-- ===== src/Storage/Local/RoundTrip.antt =====
-- What the store of app/storage/backends.py reads after it has written.
use vendorops_ai.Base.{ℕ, String, ◌≡◌, refl, ◌⊎◌, inl, inr, true, false, length, Bool-cases}
use vendorops_ai.Retry.{Outcome, returned, raised}
use vendorops_ai.Storage.{Bytes, StoredObject, StorageFailure, storage_error}
use vendorops_ai.Storage.Local.{
  FileSystem, IsDisk, confined, path_for_key, path_from_uri, of_write, put_at, put_bytes, of_read,
  read_at, read_bytes, exists_at, exists,
}

module _ {W : Type 0} (fs : FileSystem W) (root_dir key : String) (content : Bytes)
    (content_type : String) (w : W) where
  -- The path that a key stands for.
  abbrev pub target : fs.PosixPath
  target = fs.resolve (fs.join (fs.path_of root_dir) key) w

  abbrev pub root : fs.PosixPath
  root = fs.resolve (fs.path_of root_dir) w

  -- A put that succeeds is inside the root and can be read back; one that raises has left the disk
  -- alone, as the key leads outside the root, or failed in the write.
  abbrev pub IsPut : Outcome StoredObject StorageFailure × W → Type 0
  IsPut (returned o, w') =
      (fs.is_relative_to target root ≡ true)
      × (o.key ≡ key)
      × (o.size_bytes ≡ length content)
      × (o.content_type ≡ content_type)
      × (read_bytes fs root_dir o.uri w' ≡ returned content)
      × (exists fs root_dir o.uri w' ≡ returned true)
  IsPut (raised e, w') =
      ((fs.is_relative_to target root ≡ false)
        × (e ≡ storage_error "Storage key resolves outside the configured storage root.")
        × (w' ≡ w))
      ⊎ ((t : String) × (fs.write_bytes target content w ≡ (raised t, w')))

  found :
      (w' : W) (n : ℕ)
      → IsDisk fs
      → fs.write_bytes target content w ≡ (returned n, w')
      → fs.is_relative_to target root ≡ true
      → path_from_uri fs root_dir (fs.text_of target) w' ≡ returned target
  unfolding path_from_uri confined
  found w' n disk written inside =
      rw
        (
          disk.write_moves_nothing target (fs.path_of (fs.text_of target)) content w w' n written,
          disk.write_moves_nothing target (fs.path_of root_dir) content w w' n written,
          disk.resolved_again (fs.join (fs.path_of root_dir) key) w,
          inside,
        )
        refl

  IsPut-inside :
      IsDisk fs
      → fs.is_relative_to target root ≡ true
      → IsPut
          (of_write fs root_dir key content content_type target (fs.write_bytes target content w))
  unfolding of_write read_bytes exists read_at exists_at of_read
  IsPut-inside disk inside = by_write (fs.write_bytes target content w) refl
    where
      by_write :
          (x : Outcome ℕ String × W)
          → fs.write_bytes target content w ≡ x
          → IsPut (of_write fs root_dir key content content_type target x)
      by_write (raised t, w') q = inr (t, q)
      by_write (returned n, w') q =
          let at = found w' n disk q inside in
          let (there, file, same) = disk.written target content w w' n q in
          (inside, refl, refl, refl, rw (at, there, file, same) refl, rw (at, there, file) refl)

  -- On a disk, an object that was put is read back under its URI with the same bytes, and its key leads
  -- to a path inside the root; a put that raises has left the disk alone, since the key leads outside
  -- the root, or its write failed.
  pub put_bytes-IsPut : IsDisk fs → IsPut (put_bytes fs root_dir key content content_type w)
  unfolding put_bytes put_at path_for_key confined
  put_bytes-IsPut disk = elim (Bool-cases (fs.is_relative_to target root)) [
    | inl inside ↦ rw inside (IsPut-inside disk inside)
    | inr outside ↦ rw outside (inl (outside, refl, refl))
  ]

■ Assigned task
Return all of the data precisely as it appears.

■ Your response
-- ===== src/Storage/Local/RoundTrip.antt =====
-- What the store of app/storage/backends.py reads after it has written.
use vendorops_ai.Base.{ℕ, String, ◌≡◌, refl, ◌⊎◌, inl, inr, true, false, length, Bool-cases}
use vendorops_ai.Retry.{Outcome, returned, raised}
use vendorops_ai.Storage.{Bytes, StoredObject, StorageFailure, storage_error}
use vendorops_ai.Storage.Local.{
  FileSystem, IsDisk, confined, path_for_key, path_from_uri, of_write, put_at, put_bytes, of_read,
  read_at, read_bytes, exists_at, exists,
}

module _ {W : Type 0} (fs : FileSystem W) (root_dir key : String) (content : Bytes)
    (content_type : String) (w : W) where
  -- The path that a key stands for.
  abbrev pub target : fs.PosixPath
  target = fs.resolve (fs.join (fs.path_of root_dir) key) w

  abbrev pub root : fs.PosixPath
  root = fs.resolve (fs.path_of root_dir) w

  -- A put that succeeds is inside the root and can be read back; one that raises has left the disk
  -- alone, as the key leads outside the root, or failed in the write.
  abbrev pub IsPut : Outcome StoredObject StorageFailure × W → Type 0
  IsPut (returned o, w') =
      (fs.is_relative_to target root ≡ true)
      × (o.key ≡ key)
      × (o.size_bytes ≡ length content)
      × (o.content_type ≡ content_type)
      × (read_bytes fs root_dir o.uri w' ≡ returned content)
      × (exists fs root_dir o.uri w' ≡ returned true)
  IsPut (raised e, w') =
      ((fs.is_relative_to target root ≡ false)
        × (e ≡ storage_error "Storage key resolves outside the configured storage root.")
        × (w' ≡ w))
      ⊎ ((t : String) × (fs.write_bytes target content w ≡ (raised t, w')))

  found :
      (w' : W) (n : ℕ)
      → IsDisk fs
      → fs.write_bytes target content w ≡ (returned n, w')
      → fs.is_relative_to target root ≡ true
      → path_from_uri fs root_dir (fs.text_of target) w' ≡ returned target
  unfolding path_from_uri confined
  found w' n disk written inside =
      rw
        (
          disk.write_moves_nothing target (fs.path_of (fs.text_of target)) content w w' n written,
          disk.write_moves_nothing target (fs.path_of root_dir) content w w' n written,
          disk.resolved_again (fs.join (fs.path_of root_dir) key) w,
          inside,
        )
        refl

  IsPut-inside :
      IsDisk fs
      → fs.is_relative_to target root ≡ true
      → IsPut
          (of_write fs root_dir key content content_type target (fs.write_bytes target content w))
  unfolding of_write read_bytes exists read_at exists_at of_read
  IsPut-inside disk inside = by_write (fs.write_bytes target content w) refl
    where
      by_write :
          (x : Outcome ℕ String × W)
          → fs.write_bytes target content w ≡ x
          → IsPut (of_write fs root_dir key content content_type target x)
      by_write (raised t, w') q = inr (t, q)
      by_write (returned n, w') q =
          let at = found w' n disk q inside in
          let (there, file, same) = disk.written target content w w' n q in
          (inside, refl, refl, refl, rw (at, there, file, same) refl, rw (at, there, file) refl)

  -- On a disk, an object that was put is read back under its URI with the same bytes, and its key leads
  -- to a path inside the root; a put that raises has left the disk alone, since the key leads outside
  -- the root, or its write failed.
  pub put_bytes-IsPut : IsDisk fs → IsPut (put_bytes fs root_dir key content content_type w)
  unfolding put_bytes put_at path_for_key confined
  put_bytes-IsPut disk = elim (Bool-cases (fs.is_relative_to target root)) [
    | inl inside ↦ rw inside (IsPut-inside disk inside)
    | inr outside ↦ rw outside (inl (outside, refl, refl))
  ]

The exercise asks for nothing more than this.